▶ Record excerpts:
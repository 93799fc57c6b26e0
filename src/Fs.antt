-- ===== src/Fs.antt =====
-- The tiny file system of 03-storage-lab-how-filesystems-work-in-10-minutes: the block allocator of
-- 06_alloc_blocks.c, and the inodes, the bitmap and the directory table of 08_create_file.c. A name
-- is the list of its bytes. `extents` are the first `n_extents` entries of the inode's array; an
-- inode number outside the table is `none`, as an access outside an array. Bytes of the
-- bitmap are Booleans, and no write outside it is made for the extents that `fs_alloc` gives.
mod Bitmap
pub mod Names
mod Rows
mod Table
mod Inv
mod Create
mod Unlink
pub mod Paths
pub mod Reach
pub mod Programs
pub mod Tests
use inside_the_cpu_storage_a.Base.{
  ℕ, zero, suc, ◌+◌, ◌-◌, ◌*◌, ◌/◌, ◌%◌, ◌^◌, Bool, true, false, not, ◌&&◌, ◌||◌, Option, none,
  some, List, [], ◌∷◌, ◌++◌, length, get_or, set, take, replicate, total, ltb, leb, ◌==◌,
  if◌then◌else◌, ◌>>=◌,
}

pub record Extent : Type 0 where
  pub start : ℕ
  pub count : ℕ

pub record Inode : Type 0 where
  pub mode : ℕ
  pub links : ℕ
  pub size : ℕ
  pub extents : List Extent

abbrev pub max_extents : ℕ
max_extents = 8

abbrev pub root : ℕ
root = 2

abbrev pub first_inode : ℕ
first_inode = 11

abbrev pub block_size : ℕ
block_size = 4096

-- 0040755
abbrev pub is_dir : ℕ
is_dir = 16877

-- 0100644
abbrev pub is_file : ℕ
is_file = 33188

abbrev pub n_inodes : ℕ
n_inodes = 32

abbrev pub n_blocks : ℕ
n_blocks = 64

abbrev pub max_dirents : ℕ
max_dirents = 32

abbrev pub name_max_len : ℕ
name_max_len = 32

-- a C string
abbrev pub Name : Type 0
Name = List ℕ

-- `strcmp(a, b) == 0`
unfoldable pub same_name : Name → Name → Bool
same_name [] [] = true
same_name [] (c ∷ b) = false
same_name (c ∷ a) [] = false
same_name (c ∷ a) (d ∷ b) = (c == d) && same_name a b

pub record Dirent : Type 0 where
  pub dir : ℕ
  pub ino : ℕ
  pub name : Name
  pub live : Bool

abbrev pub Bitmap : Type 0
Bitmap = List Bool

pub record TinyFs : Type 0 where
  pub inodes : List Inode
  pub used : Bitmap
  pub dirents : List Dirent
  pub next_inode : ℕ

-- `memset(f, 0, sizeof *f)`
abbrev pub zero_inode : Inode
zero_inode = record { mode = 0; links = 0; size = 0; extents = [] }

abbrev pub zero_dirent : Dirent
zero_dirent = record { dir = 0; ino = 0; name = []; live = false }

abbrev pub inode : TinyFs → ℕ → Inode
inode fs i = get_or fs.inodes i zero_inode

abbrev pub set_inode : TinyFs → ℕ → Inode → TinyFs
set_inode fs i f = record fs { inodes = set fs.inodes i f }

unfoldable pub fs_init : TinyFs
fs_init = record {
  inodes =
      set (replicate n_inodes zero_inode) root (record zero_inode { mode = is_dir; links = 2 });
  used = replicate 4 true ++ replicate (n_blocks - 4) false;
  dirents = replicate max_dirents zero_dirent;
  next_inode = first_inode;
}

-- on uint64_t, then cut to uint32_t
unfoldable pub blocks_for : ℕ → ℕ
blocks_for n = (n + (block_size - 1)) % 2 ^ 64 / block_size % 2 ^ 32

abbrev pub free_one : Bool → ℕ
free_one b = if b then 0 else 1

unfoldable pub free_blocks : TinyFs → ℕ
free_blocks fs = total free_one fs.used

-- the second loop of `fs_alloc` on the blocks from the first free one on, and `e.count`
unfoldable pub grow_run : ℕ → Bitmap → Bitmap × ℕ
grow_run want [] = ([], 0)
grow_run zero (u ∷ us) = (u ∷ us, 0)
grow_run (suc want) (true ∷ us) = (true ∷ us, 0)
grow_run (suc want) (false ∷ us) = let (rest, n) = grow_run want us in (true ∷ rest, suc n)

-- both loops of `fs_alloc`, on the blocks from `b` on
unfoldable pub alloc_from : ℕ → ℕ → Bitmap → Bitmap × Extent
unfolding grow_run
alloc_from want b [] = ([], record { start = b; count = 0 })
alloc_from want b (true ∷ us) = let (rest, e) = alloc_from want (suc b) us in (true ∷ rest, e)
alloc_from want b (false ∷ us) =
    let (rest, n) = grow_run want (false ∷ us) in (rest, record { start = b; count = n })

unfoldable pub fs_alloc : ℕ → Bitmap → Bitmap × Extent
unfolding alloc_from
fs_alloc want used = alloc_from want 0 used

-- the loop of `fs_create` with `slots` entries left in the extent array: the bitmap, and the new extents
unfoldable pub extend : ℕ → ℕ → Bitmap → Bitmap × List Extent
unfolding fs_alloc
extend zero need used = (used, [])
extend (suc slots) zero used = (used, [])
extend (suc slots) (suc n) used =
    let (used', e) = fs_alloc (suc n) used in
    let (last, es) = extend slots (suc n - e.count) used' in (last, e ∷ es)

-- the test of `dir_find`
unfoldable pub matches : ℕ → Name → Dirent → Bool
unfolding same_name
matches dir name d = d.live && (d.dir == dir && same_name d.name name)

-- the number of the first row that passes a test, from row `i` on
unfoldable pub first_row : (Dirent → Bool) → ℕ → List Dirent → Option ℕ
first_row test i [] = none
first_row test i (d ∷ ds) = if test d then some i else first_row test (suc i) ds

unfoldable pub dir_find : List Dirent → ℕ → Name → Option ℕ
unfolding first_row matches
dir_find ds dir name = first_row (matches dir name) 0 ds

abbrev pub is_dead : Dirent → Bool
is_dead d = not d.live

-- the row that `dir_set` writes: the name's, or else the first that is not live
unfoldable pub row_for : List Dirent → ℕ → Name → Option ℕ
unfolding dir_find first_row
row_for ds dir name = elim (dir_find ds dir name) [
  | some i ↦ some i
  | none ↦ first_row is_dead 0 ds
]

-- `snprintf` keeps 31 bytes of the name; a full table drops the name.
unfoldable pub dir_set : List Dirent → ℕ → Name → ℕ → List Dirent
unfolding row_for
dir_set ds dir name ino = elim (row_for ds dir name) [
  | none ↦ ds
  | some i ↦
      set ds i (record { dir = dir; ino = ino; name = take (name_max_len - 1) name; live = true })
]

-- the file's inode once its blocks are there
abbrev pub created : Inode → ℕ → List Extent → Inode
created f n es = record f { links = 1; size = n; extents = f.extents ++ es }

unfoldable pub fs_create : TinyFs → ℕ → Name → ℕ → Option (TinyFs × ℕ)
unfolding blocks_for extend dir_set
fs_create fs dir name n =
    let ino = fs.next_inode in
    let f = inode fs ino in
    let (used', es) = extend (max_extents - length f.extents) (blocks_for n) fs.used in
    if ltb ino n_inodes
    then some (
      record {
        inodes = set fs.inodes ino (created f n es);
        used = used';
        dirents = dir_set fs.dirents dir name ino;
        next_inode = (ino + 1) % 2 ^ 32;
      },
      ino,
    )
    else none

-- `used[b] = 0` for the `n` blocks from `b` on
unfoldable pub clear_run : ℕ → ℕ → Bitmap → Bitmap
clear_run b zero used = used
clear_run b (suc n) used = clear_run (suc b) n (set used b false)

unfoldable pub clear_all : List Extent → Bitmap → Bitmap
unfolding clear_run
clear_all [] used = used
clear_all (e ∷ es) used = clear_all es (clear_run e.start e.count used)

-- `--f->links` on uint16_t
abbrev pub fewer : ℕ → ℕ
fewer links = (links + 2 ^ 16 - 1) % 2 ^ 16

-- the rest of `fs_unlink` once the row is found
abbrev pub drop_link : TinyFs → ℕ → TinyFs
drop_link fs ino =
    let f = inode fs ino in
    if ltb 0 (fewer f.links)
    then set_inode fs ino (record f { links = fewer f.links })
    else record (set_inode fs ino zero_inode) { used = clear_all f.extents fs.used }

-- `d->live = 0`
abbrev pub kill : List Dirent → ℕ → List Dirent
kill ds i = set ds i (record (get_or ds i zero_dirent) { live = false })

unfoldable pub fs_unlink : TinyFs → ℕ → Name → Option TinyFs
unfolding dir_find clear_all
fs_unlink fs dir name = elim (dir_find fs.dirents dir name) [
  | none ↦ some fs
  | some i ↦
      let ino = (get_or fs.dirents i zero_dirent).ino in
      if ltb ino n_inodes
      then some (drop_link (record fs { dirents = kill fs.dirents i }) ino)
      else none
]

-- 0 stands for ENOSPC
unfoldable pub create_checked : TinyFs → Name → ℕ → Option (TinyFs × ℕ)
unfolding free_blocks blocks_for fs_create
create_checked fs name bytes =
    let made = fs_create fs root name bytes >>= λ r.
    some (set_inode r.0 r.1 (record (inode r.0 r.1) { mode = is_file }), r.1) in
    if ltb (free_blocks fs) (blocks_for bytes) || leb n_inodes fs.next_inode
    then some (fs, 0)
    else made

▶ Problem to solve:
With the first line being the one containing "extend (suc slots) zero used = (used, [])" and the last line the one containing "unfolding same_name", transcribe exactly the lines above that fall in that range.

▶ Final answer:
extend (suc slots) zero used = (used, [])
extend (suc slots) (suc n) used =
    let (used', e) = fs_alloc (suc n) used in
    let (last, es) = extend slots (suc n - e.count) used' in (last, e ∷ es)

-- the test of `dir_find`
unfoldable pub matches : ℕ → Name → Dirent → Bool
unfolding same_name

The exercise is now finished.